* [Problem to solve] Which lines run from the one containing "(rw q at e)))" to the end of the material below? Retype exactly those, both ends included, and nothing else.

* [Entries provided]
○ ○ ○ ○ ○

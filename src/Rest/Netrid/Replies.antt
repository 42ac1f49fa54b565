-- ===== src/Rest/Netrid/Replies.antt =====
-- What the Network Remote ID endpoint answers, and what it has sent by then:
-- server/src/rest/api/netrid.rs.
use svc_telemetry.Base.{
  ℕ, ◌≡◌, refl, ◌≢◌, ◌⊎◌, inl, inr, arith, Bool-cases, ◌∷◌, Option, none, some, Option-cases, ok,
  err, Result-cases, ok_or, length, ◌==◌,
}
use svc_telemetry.World.{Event, Bytes, History, Io, ◌>>=◌, pipeline}
use svc_telemetry.World.Effects.{bind_cases, Rejects, Never, Rejects-bind, Keeps-lift, Rejects-lift}
use svc_telemetry.Cache.{TelemetryPools, bytes_to_key}
use svc_telemetry.Cache.Pool.{push}
use svc_telemetry.Cache.Pool.Pipelines.{increment_steps, increment_history}
use svc_telemetry.Msg.Netrid.{BasicMessage, LocationMessage}
use svc_telemetry.Msg.Netrid.Fields.{MessageType}
use svc_telemetry.Msg.Netrid.Clock.{Chrono}
use svc_telemetry.Rest.Status.{StatusCode, bad_request, internal_server_error}
use svc_telemetry.Rest.Gis.{AircraftId, AircraftPosition, AircraftVelocity}
use svc_telemetry.Base.Text.{from_utf8, trim}
use svc_telemetry.Amqp.{routing_key_netrid_id}
use svc_telemetry.Rest.Jwt.{Claim}
use svc_telemetry.Rest.Service.{Service}
use svc_telemetry.Rest.Netrid.{
  Unpack, readings, id_item, send_id, send_location, publish_json, process_basic_message,
  process_location_message, process_message, on_count, count_reporters, network_remote_id,
  cache_expire_ms_netrid,
}

bad≢internal : bad_request ≢ internal_server_error
bad≢internal e = cc

module _ (c : Chrono) (sv : Service c) where
  publish_json_ok :
      (key : Bytes) (msg : Option Bytes) (h : History) → (publish_json c sv key msg h).0 ≡ ok tt
  unfolding publish_json
  publish_json_ok key none h = refl
  publish_json_ok key (some msg) h = refl

  Never-send_id : (item : AircraftId c.DateTime) → Never bad_request (send_id c sv item)
  unfolding send_id Never
  Never-send_id item h h' p = ground (
    arith,
    bad≢internal,
    publish_json_ok routing_key_netrid_id (sv.id_json item)
        (push sv.backends (record {}) (sv.id_json item) sv.key_id h).1,
  )

  Never-send_location :
      (x : AircraftPosition c.DateTime) (v : AircraftVelocity c.DateTime)
      → Never bad_request (send_location c sv x v)
  unfolding send_location Never
  Never-send_location x v h h' p = ground (arith, bad≢internal)

  Rejects-process_basic_message :
      (sub : Bytes) (m : BasicMessage) → Rejects bad_request (process_basic_message c sv sub m)
  unfolding process_basic_message Rejects Never
  Rejects-process_basic_message sub m h h' e =
      elim (Result-cases (ok_or (from_utf8 m.uas_id) bad_request)) [
        | inl (text, q) ↦
            absurd (Never-send_id (id_item c sv sub m (trim text) (sv.now h 0)) h h' (rw q at e))
        | inr (x, q) ↦ cc (rw q at e)
      ]

  Rejects-process_location_message :
      (sub : Bytes) (m : LocationMessage)
      → Rejects bad_request (process_location_message c sv sub m)
  unfolding process_location_message Rejects Never
  Rejects-process_location_message sub m h h' e = elim (Result-cases (readings m)) [
    | inl ((altitude, speed, vertical), q) ↦ absurd (Never-send_location _ _ h h' (rw q at e))
    | inr (x, q) ↦ cc (rw q at e)
  ]

  module _ (un : Unpack) where
    Rejects-process_message :
        (t : MessageType) (sub message : Bytes)
        → Rejects bad_request (process_message c sv un t sub message)
    unfolding process_message Rejects
    Rejects-process_message MessageType.basic sub message =
        Rejects-bind _ _ _ (Keeps-lift _) (Rejects-lift _ _)
          λ m. Rejects-process_basic_message sub m
    Rejects-process_message MessageType.location sub message =
        Rejects-bind _ _ _ (Keeps-lift _) (Rejects-lift _ _)
          λ m. Rejects-process_location_message sub m
    Rejects-process_message _ sub message = λ h h' p. cc

    Rejects-on_count :
        (n : ℕ) (p : Io StatusCode (Unit {0}))
        → Rejects bad_request p
        → Rejects bad_request (on_count c sv un n p)
    unfolding on_count Rejects
    Rejects-on_count n p r h h' e = ground (arith, r h h')

    -- The increment of a packet's count.
    abbrev pub counting : TelemetryPools → Bytes → Event
    counting pools payload =
        pipeline (increment_steps pools.netrid (bytes_to_key payload) cache_expire_ms_netrid)

    count_sends :
        (pools : TelemetryPools) (t : MessageType) (payload : Bytes) (n : ℕ) (h h' : History)
        → count_reporters c sv un pools t payload h ≡ (ok n, h')
        → (h' ≡ h) ⊎ (h' ≡ counting pools payload ∷ h)
    unfolding count_reporters
    count_sends pools t payload n h h' e = ground (
      arith,
      increment_history sv.backends pools.netrid (bytes_to_key payload) cache_expire_ms_netrid h,
    )

    Never-count_reporters :
        (pools : TelemetryPools) (t : MessageType) (payload : Bytes)
        → Never bad_request (count_reporters c sv un pools t payload)
    unfolding count_reporters Never
    Never-count_reporters pools t payload h h' e = ground arith

    -- The part of the handler behind the unpacking of the frame.
    counted :
        (pools : TelemetryPools) (payload : Bytes) (t : MessageType) (p : Io StatusCode (Unit {0}))
        (h h' : History)
        → Rejects bad_request p
        → (count_reporters c sv un pools t payload >>= λ n. on_count c sv un n p) h
          ≡ (err bad_request, h')
        → (h' ≡ h) ⊎ (h' ≡ counting pools payload ∷ h)
    unfolding Rejects Never
    counted pools payload t p h h' r e =
        elim (bind_cases (count_reporters c sv un pools t payload) (λ n. on_count c sv un n p)
          bad_request h h' e) [
            | inl q ↦ absurd (Never-count_reporters pools t payload h h' q)
            | inr (n, h1, q, w) ↦
                ground (arith, Rejects-on_count n p r h1 h' w, count_sends pools t payload n h h1 q)
          ]

    -- A packet that is answered with 400 has left no trace but the increment of its own count.
    pub network_remote_id-eq-bad_request :
        (pools : TelemetryPools) (claim : Claim) (payload : Bytes) (h h' : History)
        → network_remote_id c sv un pools claim payload h ≡ (err bad_request, h')
        → (h' ≡ h) ⊎ (h' ≡ counting pools payload ∷ h)
    unfolding network_remote_id
    network_remote_id-eq-bad_request pools claim payload h h' e =
        elim (Bool-cases (length payload == 25)) [
          | inr q ↦ inl (cc (rw q at e))
          | inl q ↦ elim (Option-cases (un.frame payload)) [
            | inl w ↦ inl (cc (rw w at (rw q at e)))
            | inr (f, w) ↦
                counted pools payload f.header.message_type
                  (process_message c sv un f.header.message_type claim.sub f.message) h h'
                  (Rejects-process_message f.header.message_type claim.sub f.message)
                  (rw w at (rw q at e))
          ]
        ]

○ ○ ○ ○ ○

* [Output for this exercise]
            | inl w ↦ inl (cc (rw w at (rw q at e)))
            | inr (f, w) ↦
                counted pools payload f.header.message_type
                  (process_message c sv un f.header.message_type claim.sub f.message) h h'
                  (Rejects-process_message f.header.message_type claim.sub f.message)
                  (rw w at (rw q at e))
          ]
        ]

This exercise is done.